Several correlations were found to be significant between enlargement of PVS and lower gray matter structural measures as well as impairment on the Paced Auditory Serial Addition Test, a measure of cognitive processing speed. Interestingly, no correlations were found between DTI-ALPS index and PVS scores. In a pooled analysis, regression models were implemented to determine the association of the various MRI features with the disease classification and clinical disability, as measured by expanded disability status scale (EDSS). The investigators found that lower DTI-ALPS index, deep gray matter volume, and cortical volume were independently associated with having a diagnosis of NMOSD; the final model including all three variables had an adjusted model R2 = 0.62. In the second model, a higher number of myelitis, a lower DTI-ALPS index, and higher lesion volume all were associated with a higher EDSS (final model adjusted R2 = 0.55). These findings were not reproduced when processing speed was considered as the clinical outcome.
COMMENTARY
This study highlights recent research regarding the potential importance of PVS, wherein these spaces may function to provide essential drainage or clearance for the CNS. It is thought that accumulation of protein aggregates and, potentially, a reduced density of AQP4 water channels may contribute to “glymphatic impairment” in neurodegenerative diseases. Results of this study demonstrate that PVS abnormalities are detected in NMOSD, and impaired flow or function may have implications on disease outcomes.

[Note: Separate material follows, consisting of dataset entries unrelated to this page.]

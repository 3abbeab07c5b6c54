-- ===== src/Ecs/Enumeration.antt =====
-- What `GetEntities` and `GetComponentsWithEntities` of Ecs/Ecs.cppm and Ecs.cpp enumerate.
use playground_engine.Base.{
  ◌∙◌, ℕ, ◌<◌, ◌≡◌, refl, Option, none, some, List, [], ◌∷◌, map, arith, ◌==◌, any_of,
  if◌then◌else◌, value_or, Option-cases, inl, inr,
}
use playground_engine.OrderedMap.{OrderedMap, find, keys, any_of-keys}
use playground_engine.OrderedMap.Order.{Above, IsOrdered}
use playground_engine.Ecs.{
  Entity, Ecs, ComponentRecord, ComponentsByEntity, new, get_entities, get_components_with_entities,
  is_entity_alive, try_get_component,
}
use playground_engine.Ecs.View.{entity, instance_of}
use playground_engine.Ecs.History.{Reach}
use playground_engine.Ecs.Ordering.{Reach-HasOrder}

-- Each id lies above all those before it, so none is listed twice.
abbrev pub AllAbove : ℕ → List ℕ → Type 0
AllAbove i [] = Unit
AllAbove i (j ∷ ids) = (i < j) × AllAbove i ids

abbrev pub Ascending : List ℕ → Type 0
Ascending [] = Unit
Ascending (i ∷ ids) = AllAbove i ids × Ascending ids

-- The component that a listing pairs with an entity.
abbrev pub listed : ℕ → List (Entity × ℕ) → Option ℕ
listed e [] = none
listed e ((owner, c) ∷ rest) = if owner.id == e then some c else listed e rest

abbrev pub ids : List Entity → List ℕ
ids [] = []
ids (e ∷ es) = e.id ∷ ids es

abbrev pub owners : List (Entity × ℕ) → List ℕ
owners [] = []
owners ((e, c) ∷ rest) = e.id ∷ owners rest

abbrev pair : ℕ × ComponentRecord → Entity × ℕ
pair e = (record { id = e.0 }, e.1.instance_ptr)

AllAbove-owners : (i : ℕ) (m : ComponentsByEntity) → Above i m → AllAbove i (owners (map pair m))
AllAbove-owners i [] a = tt
AllAbove-owners i (x ∷ m) a = (a.0, AllAbove-owners i m a.1)

Ascending-owners : (m : ComponentsByEntity) → IsOrdered m → Ascending (owners (map pair m))
Ascending-owners [] o = tt
Ascending-owners (x ∷ m) o = (AllAbove-owners x.0 m o.0, Ascending-owners m o.1)

listed-map : (e : ℕ) (m : ComponentsByEntity) → listed e (map pair m) ≡ instance_of (find e m)
unfolding find
listed-map e [] = refl
listed-map e ((j, c) ∷ m) = ground (arith, listed-map e m)

-- In every store that the operations lead to, `GetComponentsWithEntities` lists an entity exactly
-- when `TryGetComponent` finds a component of that type on it, pairs it with that component, and
-- lists the entities in ascending id order, each once.
pub get_components_with_entities_exact :
    (ecs : Ecs) (t : ℕ)
    → Reach new ecs
    → ((e : ℕ) → listed e (get_components_with_entities ecs t) ≡ try_get_component ecs t (entity e))
      × Ascending (owners (get_components_with_entities ecs t))
unfolding get_components_with_entities try_get_component
get_components_with_entities_exact ecs t r = (
  λ e. ground (arith, listed-map e (value_or (find t ecs.components_per_type) [])),
  elim (Option-cases (find t ecs.components_per_type)) [
    | inl q ↦ rw q tt
    | inr (m, q) ↦ rw q (Ascending-owners m ((Reach-HasOrder r).types t m q))
  ],
)

abbrev handle : ℕ → Entity
handle id = record { id = id }

AllAbove-keys {ℓ} :
    {V : Type ℓ} (i : ℕ) (m : OrderedMap V) → Above i m → AllAbove i (ids (map handle (keys m)))
unfolding keys
AllAbove-keys i [] a = tt
AllAbove-keys i ((j, v) ∷ m) a = (a.0, AllAbove-keys i m a.1)

Ascending-keys {ℓ} :
    {V : Type ℓ} (m : OrderedMap V) → IsOrdered m → Ascending (ids (map handle (keys m)))
unfolding keys
Ascending-keys [] o = tt
Ascending-keys ((j, v) ∷ m) o = (AllAbove-keys j m o.0, Ascending-keys m o.1)

any_of-ids :
    (e : ℕ) (ks : List ℕ) → any_of (λ i. i == e) (ids (map handle ks)) ≡ any_of (λ i. i == e) ks
any_of-ids e [] = refl
any_of-ids e (k ∷ ks) = rw (any_of-ids e ks)

-- In every store that the operations lead to, `GetEntities` lists exactly the living entities, in
-- ascending id order, each once.
pub get_entities_exact :
    (ecs : Ecs)
    → Reach new ecs
    → ((e : ℕ) → any_of (λ i. i == e) (ids (get_entities ecs)) ≡ is_entity_alive ecs (entity e))
      × Ascending (ids (get_entities ecs))
unfolding get_entities is_entity_alive
get_entities_exact ecs r = (
  λ e. any_of-ids e (keys ecs.components_per_entity) ∙ any_of-keys e ecs.components_per_entity,
  Ascending-keys ecs.components_per_entity (Reach-HasOrder r).entities,
)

As imaging technology advances, the “glymphatic impairment” hypothesis can be explored further and validated among different neurological diseases. Although the specific mechanisms leading to PVS abnormalities among various neurodegenerative diseases are unknown and likely to vary, this work underscores the potential for a common mechanistic pathway leading to neuronal damage and could have widespread implications for novel therapeutic strategies to prevent neurodegeneration.
REFERENCE
- Potter GM, Chappell FM, Morris Z, Wardlaw JM. Cerebral perivascular spaces visible on magnetic resonance imaging: Development of a qualitative rating scale and its observer reliability. Cerebrovasc Dis 2015;39:224-231.